Exercise material: Begin

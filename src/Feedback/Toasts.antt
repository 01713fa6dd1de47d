-- ===== src/Feedback/Toasts.antt =====
-- The messages of frontend/static/app/common/services/toastr.service.js. The object `window.toastr` is
-- given by what stands under each name.
use chat_bot_hub.Prelude.{
  ℕ, String, str_eq, Option, none, some, List, [], ◌∷◌, ◌++◌, map, ◌≡◌, refl, ap, ◌==◌,
  if◌then◌else◌,
}
use chat_bot_hub.Js.{Value, undefined, null, prop}

pub data Member : Type 0 where
  missing method no_function : Member

pub data Effect : Type 0 where
  -- A message of a kind, with its title and the milliseconds that it stays.
  shown : String → Value → Value → ℕ → Effect
  type_error : Effect

pub data Call : Type 0 where
  -- `success`, `info`, `warning` and `error`, with an optional time.
  timed : String → Value → Value → Option ℕ → Call
  show : Value → Option String → Value → Call
  req_error : Value → Call

-- `timeout || 3000`.
unfoldable pub time_of : Option ℕ → ℕ
time_of none = 3000
time_of (some n) = if n == 0 then 3000 else n

abbrev or_success : Option String → String
or_success none = "success"
or_success (some type) = if str_eq type "" then "success" else type

module _ (toastr : String → Member) where
  -- `toastr[kind](message, title)`, with the time that the options hold.
  unfoldable pub call_method : String → Value → Value → ℕ → Effect
  call_method kind message title time = elim (toastr kind) [
    | method ↦ shown kind message title time
    | _ ↦ type_error
  ]

  -- `toastr[type] && toastr[type](message, title)`.
  unfoldable pub call_if_there : String → Value → Value → ℕ → List Effect
  call_if_there kind message title time = elim (toastr kind) [
    | missing ↦ []
    | method ↦ shown kind message title time ∷ []
    | no_function ↦ type_error ∷ []
  ]

  -- `data.message`, and the message of it.
  unfoldable pub req_error_effect : Value → Effect
  req_error_effect undefined = type_error
  req_error_effect null = type_error
  req_error_effect v = call_method "error" (prop v "message") undefined 3000

  -- A call, on the time of the options, which stays for the calls behind it.
  unfoldable pub step : ℕ → Call → ℕ × List Effect
  step time (timed kind message title timeout) =
      (time_of timeout, call_method kind message title (time_of timeout) ∷ [])
  step time (show message type title) = (time, call_if_there (or_success type) message title time)
  step time (req_error data_) = (3000, req_error_effect data_ ∷ [])

  unfoldable pub run : ℕ → List Call → List Effect
  run time [] = []
  run time (c ∷ cs) = let (next, now) = step time c in now ++ run next cs

abbrev untyped : Value × Value → Call
untyped (message, title) = show message none title

-- Messages of `show` stay as long as the message before them.
pub run-untyped :
    (toastr : String → Member)
    → toastr "success" ≡ method
    → (time : ℕ) (ms : List (Value × Value))
    → run toastr time (map untyped ms) ≡ map (λ m. shown "success" m.0 m.1 time) ms
unfolding run step call_if_there
run-untyped toastr h time [] = refl
run-untyped toastr h time ((message, title) ∷ ms) =
    rw (run, step, call_if_there, h)
      (ap (shown "success" message title time ∷◌) (run-untyped toastr h time ms))
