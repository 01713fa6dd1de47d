-- ===== src/Feedback/Uploads.antt =====
-- `uploadRequest` of frontend/static/app/common/services/upload-request.service.js: what it sends, and
-- what becomes of its promise.
use chat_bot_hub.Prelude.{String, str_eq, Option, none, some, if◌then◌else◌}
use chat_bot_hub.Js.{Value, Fields, end, obj, undefined, null, truthy, prop}

-- Of a deferred the first settlement counts.
pub data Promise : Type 0 where
  pending : Promise
  resolved rejected : Value → Promise

unfoldable pub resolve : Value → Promise → Promise
resolve v pending = resolved v
resolve v (resolved w) = resolved w
resolve v (rejected w) = rejected w

unfoldable pub reject : Value → Promise → Promise
reject v pending = rejected v
reject v (resolved w) = resolved w
reject v (rejected w) = rejected w

-- The request: its url, `data`, and the body that `transformRequest` puts in the place of `data`.
pub record Upload : Type 0 where
  pub url : String
  pub sent_data : Value
  pub body : Value

pub data Started : Type 0 where
  -- A message, and false in the place of a promise.
  refused : String → Started
  uploads : Upload → Started

-- `config.data || {}`, of an object that may be missing.
unfoldable pub data_of : Option Fields → Value
data_of none = obj end
data_of (some config) =
    if truthy (prop (obj config) "data") then prop (obj config) "data" else obj end

unfoldable pub upload_request : String → Value → Option Fields → Started
upload_request url form_data config =
    if str_eq url ""
    then refused "上次url不能为空"
    else if truthy form_data
    then uploads (record { url = url; sent_data = data_of config; body = form_data })
    else refused "上次数据不能为空"

-- The handler of a success; none is the TypeError of an answer without properties.
unfoldable pub on_success : Value → Promise → Option Promise
on_success undefined p = none
on_success null p = none
on_success d p = some (if truthy (prop d "isSuccess") then resolve d p else reject d p)

unfoldable pub on_error : Value → Promise → Option Promise
on_error err p = some (reject err p)

-- An answer of the server to an upload.
pub data Answer : Type 0 where
  succeeds fails : Value → Answer

unfoldable pub answered : Answer → Promise → Option Promise
answered (succeeds d) p = on_success d p
answered (fails err) p = on_error err p
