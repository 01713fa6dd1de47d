-- ===== src/Feedback/Tests.antt =====
-- A message behind another one, an upload that is answered twice, and a page that is blocked.
use chat_bot_hub.Prelude.{
  String, str_eq, true, false, none, some, List, [], ◌∷◌, ◌≡◌, refl, if◌then◌else◌,
}
use chat_bot_hub.Js.{obj, field, end, bool, str, undefined, truthy, prop, get_field}
use chat_bot_hub.Http.{Event, sent, answered, run, fresh}
use chat_bot_hub.Feedback.Toasts
use chat_bot_hub.Feedback.Toasts.{
  Member, method, missing, no_function, timed, show, shown, time_of, call_method, call_if_there,
}
use chat_bot_hub.Feedback.Uploads.{pending, rejected, reject, on_success}
use chat_bot_hub.Feedback.Blocks.{block, block_at, reference_error}
use chat_bot_hub.Feedback.Blocks.Targets.{AllServed, run-AllServed}

abbrev toastr : String → Member
toastr name = if str_eq name "options" then no_function else method

behind_another :
    Toasts.run toastr 3000
      (timed "info" (str "a") undefined (some 500) ∷ show (str "b") none undefined ∷ [])
    ≡ shown "info" (str "a") undefined 500 ∷ shown "success" (str "b") undefined 500 ∷ []
unfolding Toasts.run Toasts.step time_of call_method call_if_there
behind_another = refl

failed_upload :
    on_success (obj (field "isSuccess" (bool false) end)) pending
    ≡ some (rejected (obj (field "isSuccess" (bool false) end)))
unfolding on_success truthy prop get_field reject
failed_upload = refl

-- Without a target the service throws.
without_target :
    block
      (λ s. 0)
      900
      (record {
        target = none;
        boxed = true;
        message = none;
        z_index = none;
        overlay_color = none;
        cenrer_y = false;
      })
    ≡ reference_error
unfolding block block_at
without_target = refl

abbrev session : List Event
session =
    sent (record { url = "http://hub/bots"; params = none; block_id = none }) 1
    ∷ answered "http://hub/bots"
    ∷ []

run-AllServed_example : AllServed (λ s. 700) 900 (run fresh session).1
run-AllServed_example = run-AllServed (λ s. 700) 900 session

Exercise material: End

Work to complete:
All lines of the entries containing the string "config" must be shown in full.

Exercise solution:
-- `config.data || {}`, of an object that may be missing.
data_of (some config) =
    if truthy (prop (obj config) "data") then prop (obj config) "data" else obj end
upload_request url form_data config =
    then uploads (record { url = url; sent_data = data_of config; body = form_data })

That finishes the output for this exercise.